Associates, the review encompassed many related activities that were 

designed, when taken together, to shed light on whether the 

jurisdictions’ existing plans and capabilities are sufficient to ensure 

the safety of the people of the state in the event of an accident at 

one of the plants, and how the existing plans and capabilities might be 

improved. According to Witt Associates, it has considered and 

incorporated public comments on a January 2003 draft of its report and 

plans to issue the final report this month.



We have not evaluated the Witt report or verified the accuracy of its 

findings and conclusions. We did note that the draft report identifies 

various issues--such as planning inadequacies; expected parental 

behavior that would compromise school evacuation; difficulties in 

communications; the use of outdated technologies; problems caused by 

spontaneous evacuation in a post September 11, 2001, environment; and a 

limited public education effort--that may warrant consideration at 

Indian Point and nationwide. The draft Witt report concludes that NRC 

and FEMA regulations need to be revised and updated. We understand that 

FEMA agreed, to an extent, in its review of the draft report. According 

to the agency, the draft report raises a number of issues that should 

be considered for enhancing the level of preparedness in the 

communities surrounding the Indian Point facility, such as better 

public education, more training of off-site responders, and improved 

emergency communications.

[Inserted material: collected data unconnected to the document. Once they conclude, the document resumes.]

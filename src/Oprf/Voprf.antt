-- ===== src/Oprf/Voprf.antt =====
-- packages/oprf/src/oprf.ts: the verifiable blind evaluation.
-- The group of @noble/curves, ristretto255, and its hash to scalars are the parameter `g`. A
-- multiplication or a decoding may throw.
pub mod Scalars
pub mod Proof
use crisp_qes.Common.{
  ℕ, zero, suc, ◌+◌, ◌-◌, ◌*◌, ◌/◌, ◌%◌, Bool, true, false, List, [], ◌∷◌, ◌++◌, String, Result, ok,
  fail, ◌>>=◌, ◌>>◌, guard, length, take, drop, ◌==◌, if◌then◌else◌,
}
use crisp_qes.Common.Text.{codes}

pub record Ristretto : Type 1 where
  pub Point : Type 0
  pub base : Point
  pub add : Point → Point → Point
  pub multiply : Point → ℕ → Result String Point
  pub to_bytes : Point → List ℕ
  pub from_bytes : List ℕ → Result String Point
  pub hash_to_scalar : List ℕ → ℕ
  pub order : ℕ

-- `I2OSP(n, 2)`
abbrev pub i2osp2 : ℕ → List ℕ
i2osp2 n = (n / 256 % 256) ∷ (n % 256) ∷ []

-- `n` bytes of a number, the least significant first.
unfoldable pub le_bytes : ℕ → ℕ → List ℕ
le_bytes zero x = []
le_bytes (suc n) x = (x % 256) ∷ le_bytes n (x / 256)

unfoldable pub le_value : List ℕ → ℕ
le_value [] = 0
le_value (b ∷ bs) = b + 256 * le_value bs

-- A field of the transcript, with its length.
abbrev pub framed : List ℕ → List ℕ
framed bytes = i2osp2 (length bytes) ++ bytes

abbrev pub transcript : (k_pub m y t2 t3 : List ℕ) → List ℕ
transcript k_pub m y t2 t3 =
    codes "Challenge" ++ (framed k_pub ++ (framed m ++ (framed y ++ (t2 ++ t3))))

pub record BlindEvaluateOutput : Type 0 where
  pub y : List ℕ
  pub proof : List ℕ

module _ (g : Ristretto) where
  -- `ss` and `ds`: scalars of 32 bytes.
  abbrev pub serialize_scalar : ℕ → List ℕ
  serialize_scalar s = le_bytes 32 (s % g.order)

  abbrev pub deserialize_scalar : List ℕ → Result String ℕ
  deserialize_scalar bytes =
      if length bytes == 32 then ok (le_value bytes % g.order) else fail "scalar must be 32 bytes"

  -- `FN.sub(r, FN.mul(c, k))`
  abbrev pub response : (r c k : ℕ) → ℕ
  response r c k = (r + (g.order - (c * k) % g.order)) % g.order

  unfoldable pub derive_public_key : ℕ → Result String (List ℕ)
  derive_public_key k = do k_point ← g.multiply g.base k; ok (g.to_bytes k_point)

  -- `generateProof`, for the random scalar `r`.
  unfoldable pub generate_proof : (r k : ℕ) (k_pub m y : List ℕ) → Result String (List ℕ)
  generate_proof r k k_pub m y = do
    t2 ← g.multiply g.base r
    m_point ← g.from_bytes m
    t3 ← g.multiply m_point r
    let c =
        g.hash_to_scalar (transcript k_pub m y (framed (g.to_bytes t2)) (framed (g.to_bytes t3)))
    ok (serialize_scalar c ++ serialize_scalar (response r c k))

  unfoldable pub blind_evaluate :
      (r : ℕ) (blinded_input : List ℕ) (secret_key : ℕ) (pub_key : List ℕ)
      → Result String BlindEvaluateOutput
  unfolding generate_proof
  blind_evaluate r blinded_input secret_key pub_key = do
    m ← g.from_bytes blinded_input
    y ← g.multiply m secret_key
    proof ← generate_proof r secret_key pub_key blinded_input (g.to_bytes y)
    ok (record { y = g.to_bytes y; proof = proof })

  -- The three points of `verifyProof`; a decoding that fails rejects the proof.
  abbrev pub decoded {ℓ} :
      {A : Type ℓ} → Result String A → (A → Result String Bool) → Result String Bool
  decoded (ok a) k = k a
  decoded (fail e) k = ok false

  -- The check of the challenge, for the decoded scalars and points.
  unfoldable pub check_challenge :
      (k_pub m y : List ℕ) (c s : ℕ) (k_point m_point y_point : g.Point) → Result String Bool
  check_challenge k_pub m y c s k_point m_point y_point = do
    gs ← g.multiply g.base s
    kc ← g.multiply k_point c
    ms ← g.multiply m_point s
    yc ← g.multiply y_point c
    ok (
        c
        == g.hash_to_scalar (
            transcript k_pub m y (i2osp2 32 ++ g.to_bytes (g.add gs kc))
              (i2osp2 32 ++ g.to_bytes (g.add ms yc)))
          % g.order)

  unfoldable pub verify_proof : (k_pub m y proof : List ℕ) → Result String Bool
  unfolding check_challenge
  verify_proof k_pub m y proof =
      if length proof == 64
      then (do
        c ← deserialize_scalar (take 32 proof)
        s ← deserialize_scalar (take 32 (drop 32 proof))
        decoded (g.from_bytes k_pub) λ k_point. decoded (g.from_bytes m) λ m_point.
            decoded (g.from_bytes y)
              λ y_point. check_challenge k_pub m y c s k_point m_point y_point)
      else ok false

In addition, FEMA stated that some of these 

issues should be evaluated for their applicability nationwide. However, 

FEMA also said that a number of the issues raised in the draft report 

were not supported by its own exercise evaluations, plan reviews, and 

knowledge of the emergency preparedness program. According to NRC, the 

draft report gives “undue weight” to the impact of a terrorist attack. 

The agency said that it saw no difference between emergency plans for 

releases caused by terrorist acts and those caused by equipment 

malfunctions.



In summary, Mr. Chairman, the post September 11, 2001, environment 

clearly presents new challenges for NRC and FEMA. While the public has 

always had considerable interest in the safety of nuclear power plants, 

the terrorist attacks have brought a level of focus and anxiety that 

may rival or exceed that caused by the Three Mile Island accident in 

1979. NRC and the nuclear industry deserve credit for taking action to 

strengthen physical security as the result of a changing world, but we 

are still concerned that, as shown in this hearing today, problems in 

emergency preparedness remain after being repeatedly identified as 

needing attention. Mr. Chairman, GAO is currently conducting reviews of 

physical security at selected nuclear power plants and is looking in-

depth at safety issues at the Davis-Besse plant in Ohio. We plan to 

report the results of our work later this year.

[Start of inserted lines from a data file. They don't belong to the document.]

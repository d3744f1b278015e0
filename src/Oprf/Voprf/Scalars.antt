-- ===== src/Oprf/Voprf/Scalars.antt =====
-- Scalars as bytes, and their subtraction modulo the order.
use native.Mathlib.Nat.{mod-eq_of_lt, mod-add-mod, add-mod_right, pow-suc, pow-zero}
use crisp_qes.Common.{
  ℕ, zero, suc, ◌+◌, ◌-◌, ◌/◌, ◌%◌, ◌^◌, ◌<◌, ◌≡◌, refl, ap, ◌∙◌, List, [], ◌∷◌, length, take,
  arith,
}
use crisp_qes.Oprf.Voprf.{le_bytes, le_value}

pub length-le_bytes : (n x : ℕ) → length (le_bytes n x) ≡ n
unfolding le_bytes
length-le_bytes zero x = refl
length-le_bytes (suc n) x = omega (arith, length-le_bytes n (x / 256))

pub le_value-le_bytes : (n x : ℕ) → x < 256 ^ n → le_value (le_bytes n x) ≡ x
unfolding le_bytes le_value
le_value-le_bytes zero x h = omega (arith, pow-zero 256)
le_value-le_bytes (suc n) x h =
    rw (le_value-le_bytes n (x / 256) (omega (arith, pow-suc 256 n))) (omega arith)

pub take_all : (n : ℕ) (a : List ℕ) → length a ≡ n → take n a ≡ a
take_all zero [] h = refl
take_all (suc n) [] h = ground arith
take_all zero (x ∷ a) h = ground arith
take_all (suc n) (x ∷ a) h = ap (λ t. x ∷ t) (take_all n a (omega arith))

-- What is taken off modulo `n` is put back.
pub sub_then_add : (n r x : ℕ) → r < n → x < n → ((r + (n - x)) % n + x) % n ≡ r
sub_then_add n r x h k =
    mod-add-mod (r + (n - x)) n x
    ∙ ap (λ t. t % n) (rearranged n r x k)
    ∙ add-mod_right r n
    ∙ mod-eq_of_lt h
  where
    rearranged : (n r x : ℕ) → x < n → r + (n - x) + x ≡ r + n
    rearranged n r x k = omega arith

Mr. Chairman, this concludes our prepared statement. We would be happy 

to respond to any questions that you or Members of the Subcommittee may 

have.



Contacts and Acknowledgments:



For further information about this testimony, please contact me at 

(202) 512-3841. Raymond Smith, William Fenzel, Kenneth Lightner, 

William Lanouette, Jill Edelson, Heather Barker, and Addison Ricks also 

made key contributions to this statement.



(360317):



FOOTNOTES



[1] NUCLEAR REGULATION: Progress Made in Emergency Preparedness at 

Indian Point 2, but Additional Improvements Needed, GAO-01-605 

(Washington, D.C., July 30, 2001). 



[2] James Lee Witt Associates, LLC, Review of Emergency Preparedness at 

Indian Point and Millstone [Draft] (Washington, D.C., Jan. 10, 2003). 

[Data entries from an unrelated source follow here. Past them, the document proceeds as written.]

-- ===== src/Oprf/Voprf/Proof.antt =====
-- The proof that an evaluation carries is accepted.
use native.Mathlib.Nat.{mul_comm, mod-lt, mod-eq_of_lt}
use crisp_qes.Common.{
  take-append, drop-append, ℕ, ◌+◌, ◌*◌, ◌%◌, ◌^◌, ◌≤◌, ◌<◌, ◌≡◌, refl, sym, subst, ap, ap₂, ◌∙◌,
  true, List, ◌++◌, ok, >>=-eq-ok, ok-injective, length, length-append, take, drop, ◌==◌, arith,
  ==_iff,
}
use crisp_qes.Oprf.Voprf.Scalars.{length-le_bytes, le_value-le_bytes, take_all, sub_then_add}
use crisp_qes.Oprf.Voprf.{
  Ristretto, BlindEvaluateOutput, i2osp2, le_bytes, le_value, framed, transcript, serialize_scalar,
  deserialize_scalar, response, derive_public_key, generate_proof, blind_evaluate, check_challenge,
  verify_proof,
}

-- What the evaluation relies on of the group: multiplication is an action of the scalars modulo the
-- order, it is refused at most for 0, and points have encodings of 32 bytes.
pub record IsRistretto (g : Ristretto) : Type 1 where
  pub act : g.Point → ℕ → g.Point
  pub multiplied : (p q : g.Point) (a : ℕ) → g.multiply p a ≡ ok q → q ≡ act p a
  pub multiplies : (p : g.Point) (a : ℕ) → 0 < a → a < g.order → g.multiply p a ≡ ok (act p a)
  pub act_add : (p : g.Point) (a b : ℕ) → g.add (act p a) (act p b) ≡ act p ((a + b) % g.order)
  pub act_act : (p : g.Point) (a b : ℕ) → act (act p a) b ≡ act p ((a * b) % g.order)
  pub decodes : (p : g.Point) → g.from_bytes (g.to_bytes p) ≡ ok p
  pub encodes : (p : g.Point) → length (g.to_bytes p) ≡ 32
  pub hashed : (bytes : List ℕ) → g.hash_to_scalar bytes < g.order
  pub order_bound : g.order ≤ 256 ^ 32

module _ (g : Ristretto) (laws : IsRistretto g) where
  -- The verifier's combination of a scalar and the challenge gives the prover's point.
  combined :
      (p : g.Point) (r c k : ℕ)
      → r < g.order
      → g.add (laws.act p (response g r c k)) (laws.act (laws.act p k) c) ≡ laws.act p r
  combined p r c k h =
      let positive : 0 < g.order = omega arith in
      rw (laws.act_act p k c, mul_comm k c)
        (laws.act_add p (response g r c k) ((c * k) % g.order)
          ∙ ap (laws.act p)
              (sub_then_add g.order r ((c * k) % g.order) h (mod-lt (c * k) positive)))

  framed-to_bytes : (p : g.Point) → framed (g.to_bytes p) ≡ i2osp2 32 ++ g.to_bytes p
  framed-to_bytes p = ap (λ n. i2osp2 n ++ g.to_bytes p) (laws.encodes p)

  -- The challenge is found again from the combined points.
  check_challenge_complete :
      (k_pub m y : List ℕ) (c s : ℕ) (k_point m_point y_point t2 t3 : g.Point)
      → c
        ≡ g.hash_to_scalar (transcript k_pub m y (framed (g.to_bytes t2)) (framed (g.to_bytes t3)))
      → 0 < c
      → 0 < s
      → s < g.order
      → g.add (laws.act g.base s) (laws.act k_point c) ≡ t2
      → g.add (laws.act m_point s) (laws.act y_point c) ≡ t3
      → check_challenge g k_pub m y c s k_point m_point y_point ≡ ok true
  unfolding check_challenge
  check_challenge_complete k_pub m y c s k_point m_point y_point t2 t3 challenge c_pos s_pos s_lt e₂
        e₃ =
      let c_lt : c < g.order = subst (λ n. n < g.order) (sym challenge) (laws.hashed _) in
      let again : c
          ≡ g.hash_to_scalar
              (transcript k_pub m y (i2osp2 32 ++ g.to_bytes t2) (i2osp2 32 ++ g.to_bytes t3)) =
        challenge
        ∙ ap₂ (λ a b. g.hash_to_scalar (transcript k_pub m y a b)) (framed-to_bytes t2)
            (framed-to_bytes t3) in
      rw
        (
          laws.multiplies g.base s s_pos s_lt,
          laws.multiplies k_point c c_pos c_lt,
          laws.multiplies m_point s s_pos s_lt,
          laws.multiplies y_point c c_pos c_lt,
          e₂,
          e₃,
          sym again,
          mod-eq_of_lt c_lt,
          (==_iff c c).1 refl,
        )
        refl

  scalar_round : (x : ℕ) → x < g.order → deserialize_scalar g (serialize_scalar g x) ≡ ok x
  scalar_round x h =
      let small : x % g.order ≡ x = mod-eq_of_lt h in
      rw
        (
          small,
          length-le_bytes 32 x,
          le_value-le_bytes 32 x (omega (arith, laws.order_bound)),
          small,
        )
        refl

  decode_scalars :
      (c s : ℕ)
      → c < g.order
      → s < g.order
      → (deserialize_scalar g (take 32 (serialize_scalar g c ++ serialize_scalar g s)) ≡ ok c)
        × (deserialize_scalar g (take 32 (drop 32 (serialize_scalar g c ++ serialize_scalar g s)))
            ≡ ok s)
  decode_scalars c s h k =
      let c_len = length-le_bytes 32 (c % g.order) in
      let s_len = length-le_bytes 32 (s % g.order) in
      (
        ap (deserialize_scalar g)
              (take-append 32 (serialize_scalar g c) (serialize_scalar g s) c_len)
            ∙ scalar_round c h,
        ap (λ b. deserialize_scalar g (take 32 b))
              (drop-append 32 (serialize_scalar g c) (serialize_scalar g s) c_len)
            ∙ ap (deserialize_scalar g) (take_all 32 (serialize_scalar g s) s_len)
            ∙ scalar_round s k,
      )

  -- The challenge of the transcript, for the points of the scalar `r`.
  abbrev challenge_of : (k_pub m y : List ℕ) (m_point : g.Point) (r : ℕ) → ℕ
  challenge_of k_pub m y m_point r = g.hash_to_scalar (
      transcript k_pub m y (framed (g.to_bytes (laws.act g.base r)))
        (framed (g.to_bytes (laws.act m_point r))))

  generate_proof_inv :
      (r k : ℕ) (k_pub m y proof : List ℕ) (m_point : g.Point)
      → g.from_bytes m ≡ ok m_point
      → generate_proof g r k k_pub m y ≡ ok proof
      → serialize_scalar g (challenge_of k_pub m y m_point r)
          ++ serialize_scalar g (response g r (challenge_of k_pub m y m_point r) k)
        ≡ proof
  unfolding generate_proof
  generate_proof_inv r k k_pub m y proof m_point decoded_m generated =
      let (t2, multiplied_2, h₁) = >>=-eq-ok (g.multiply g.base r) _ generated in
      let (m_again, decoded_again, h₂) = >>=-eq-ok (g.from_bytes m) _ h₁ in
      let (t3, multiplied_3, h₃) = >>=-eq-ok (g.multiply m_again r) _ h₂ in
      let same : m_again ≡ m_point = ok-injective (sym decoded_again ∙ decoded_m) in
      let e₂ = laws.multiplied g.base t2 r multiplied_2 in
      let e₃ = laws.multiplied m_again t3 r multiplied_3 ∙ ap (λ p. laws.act p r) same in
      ap₂
        (λ a b.
          let c =
            g.hash_to_scalar
              (transcript k_pub m y (framed (g.to_bytes a)) (framed (g.to_bytes b))) in
          serialize_scalar g c ++ serialize_scalar g (response g r c k))
        (sym e₂) (sym e₃)
      ∙ ok-injective h₃

  verify_proof_complete :
      (k_pub m y proof : List ℕ) (c s : ℕ) (k_point m_point y_point : g.Point)
      → serialize_scalar g c ++ serialize_scalar g s ≡ proof
      → c < g.order
      → s < g.order
      → g.from_bytes k_pub ≡ ok k_point
      → g.from_bytes m ≡ ok m_point
      → g.from_bytes y ≡ ok y_point
      → check_challenge g k_pub m y c s k_point m_point y_point ≡ ok true
      → verify_proof g k_pub m y proof ≡ ok true
  unfolding verify_proof
  verify_proof_complete k_pub m y proof c s k_point m_point y_point built h k k_dec m_dec y_dec
        checked =
      let size : length proof ≡ 64 =
        ap length (sym built)
        ∙ length-append (serialize_scalar g c) (serialize_scalar g s)
        ∙ ap₂ (λ a b. a + b) (length-le_bytes 32 (c % g.order))
            (length-le_bytes 32 (s % g.order)) in
      let (first, second) = decode_scalars c s h k in
      let full : (length proof == 64) ≡ true = (==_iff (length proof) 64).1 size in
      let first' : deserialize_scalar g (take 32 proof) ≡ ok c =
        subst (λ b. deserialize_scalar g (take 32 b) ≡ ok c) built first in
      let second' : deserialize_scalar g (take 32 (drop 32 proof)) ≡ ok s =
        subst (λ b. deserialize_scalar g (take 32 (drop 32 b)) ≡ ok s) built second in
      rw (full, first', second', k_dec, m_dec, y_dec) checked

  proof_scalars :
      (c s : ℕ) (proof : List ℕ)
      → serialize_scalar g c ++ serialize_scalar g s ≡ proof
      → c < g.order
      → s < g.order
      → (le_value (take 32 proof) ≡ c) × (le_value (take 32 (drop 32 proof)) ≡ s)
  proof_scalars c s proof built h k =
      let c_len = length-le_bytes 32 (c % g.order) in
      let s_len = length-le_bytes 32 (s % g.order) in
      let value : (x : ℕ) → x < g.order → le_value (serialize_scalar g x) ≡ x = λ x lt.
        ap (λ y. le_value (le_bytes 32 y)) (mod-eq_of_lt lt)
        ∙ le_value-le_bytes 32 x (omega (arith, laws.order_bound)) in
      (
        ap (λ b. le_value (take 32 b)) (sym built)
            ∙ ap le_value (take-append 32 (serialize_scalar g c) (serialize_scalar g s) c_len)
            ∙ value c h,
        ap (λ b. le_value (take 32 (drop 32 b))) (sym built)
            ∙ ap (λ b. le_value (take 32 b))
                (drop-append 32 (serialize_scalar g c) (serialize_scalar g s) c_len)
            ∙ ap le_value (take_all 32 (serialize_scalar g s) s_len)
            ∙ value s k,
      )

  -- The proof of an evaluation verifies, for the public key of the secret that evaluated, unless one
  -- of its two scalars is 0, which the group's multiplication refuses.
  pub verify_proof-blind_evaluate :
      (r k : ℕ) (m k_pub : List ℕ) (out : BlindEvaluateOutput)
      → r < g.order
      → derive_public_key g k ≡ ok k_pub
      → blind_evaluate g r m k k_pub ≡ ok out
      → 0 < le_value (take 32 out.proof)
      → 0 < le_value (take 32 (drop 32 out.proof))
      → verify_proof g k_pub m out.y out.proof ≡ ok true
  unfolding derive_public_key blind_evaluate generate_proof
  verify_proof-blind_evaluate r k m k_pub out h derived evaluated c_pos s_pos =
      let (k_point, multiplied, pub_bytes) = >>=-eq-ok (g.multiply g.base k) _ derived in
      let (m_point, decoded_m, h₁) = >>=-eq-ok (g.from_bytes m) _ evaluated in
      let (y_point, multiplied_y, h₂) = >>=-eq-ok (g.multiply m_point k) _ h₁ in
      let (proof, generated, h₃) =
        >>=-eq-ok (generate_proof g r k k_pub m (g.to_bytes y_point)) _ h₂ in
      accepted k_point m_point y_point proof decoded_m (laws.multiplied g.base k_point k multiplied)
        (laws.multiplied m_point y_point k multiplied_y) (ok-injective pub_bytes) generated
        (ok-injective h₃)
    where
      accepted :
          (k_point m_point y_point : g.Point) (proof : List ℕ)
          → g.from_bytes m ≡ ok m_point
          → k_point ≡ laws.act g.base k
          → y_point ≡ laws.act m_point k
          → g.to_bytes k_point ≡ k_pub
          → generate_proof g r k k_pub m (g.to_bytes y_point) ≡ ok proof
          → record { y = g.to_bytes y_point; proof = proof } ≡ out
          → verify_proof g k_pub m out.y out.proof ≡ ok true
      accepted k_point m_point y_point proof dec_m k_eq y_eq pub_eq generated out_eq =
          let y = g.to_bytes y_point in
          let c = challenge_of k_pub m y m_point r in
          let s = response g r c k in
          let built = generate_proof_inv r k k_pub m y proof m_point dec_m generated in
          let c_lt : c < g.order = laws.hashed _ in
          let s_lt : s < g.order = mod-lt _ (omega (arith, h)) in
          let proof_eq : proof ≡ out.proof = ap (λ (o : BlindEvaluateOutput). o.proof) out_eq in
          let (c_val, s_val) = proof_scalars c s proof built c_lt s_lt in
          let c_pos' : 0 < c =
            omega (arith, c_pos, c_val, ap (λ b. le_value (take 32 b)) proof_eq) in
          let s_pos' : 0 < s =
            omega (arith, s_pos, s_val, ap (λ b. le_value (take 32 (drop 32 b))) proof_eq) in
          let checked =
            check_challenge_complete k_pub m y c s k_point m_point y_point (laws.act g.base r)
              (laws.act m_point r) refl c_pos' s_pos' s_lt
              (ap (λ q. g.add (laws.act g.base s) (laws.act q c)) k_eq ∙ combined g.base r c k h)
              (ap (λ q. g.add (laws.act m_point s) (laws.act q c)) y_eq
                ∙ combined m_point r c k h) in
          let verified =
            verify_proof_complete k_pub m y proof c s k_point m_point y_point built c_lt s_lt
              (subst (λ b. g.from_bytes b ≡ ok k_point) pub_eq (laws.decodes k_point)) dec_m
              (laws.decodes y_point) checked in
          subst (λ (o : BlindEvaluateOutput). verify_proof g k_pub m o.y o.proof ≡ ok true) out_eq
            verified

The Witt report was commissioned by Governor Pataki to be a 

comprehensive and independent review of emergency preparedness in the 

areas around Indian Point and for that portion of New York State in 

proximity to the Millstone nuclear power plant in Connecticut. 



[3] In February 2000, a tube ruptured in a steam generator and 

Consolidated Edison temporarily shut down the plant because of the 

possibility that radioactively contaminated water could leak into the 

environment. According to Consolidated Edison and NRC, the total amount 

of radioactivity released posed no threat. 



[4] Mr. Witt is a former FEMA Director.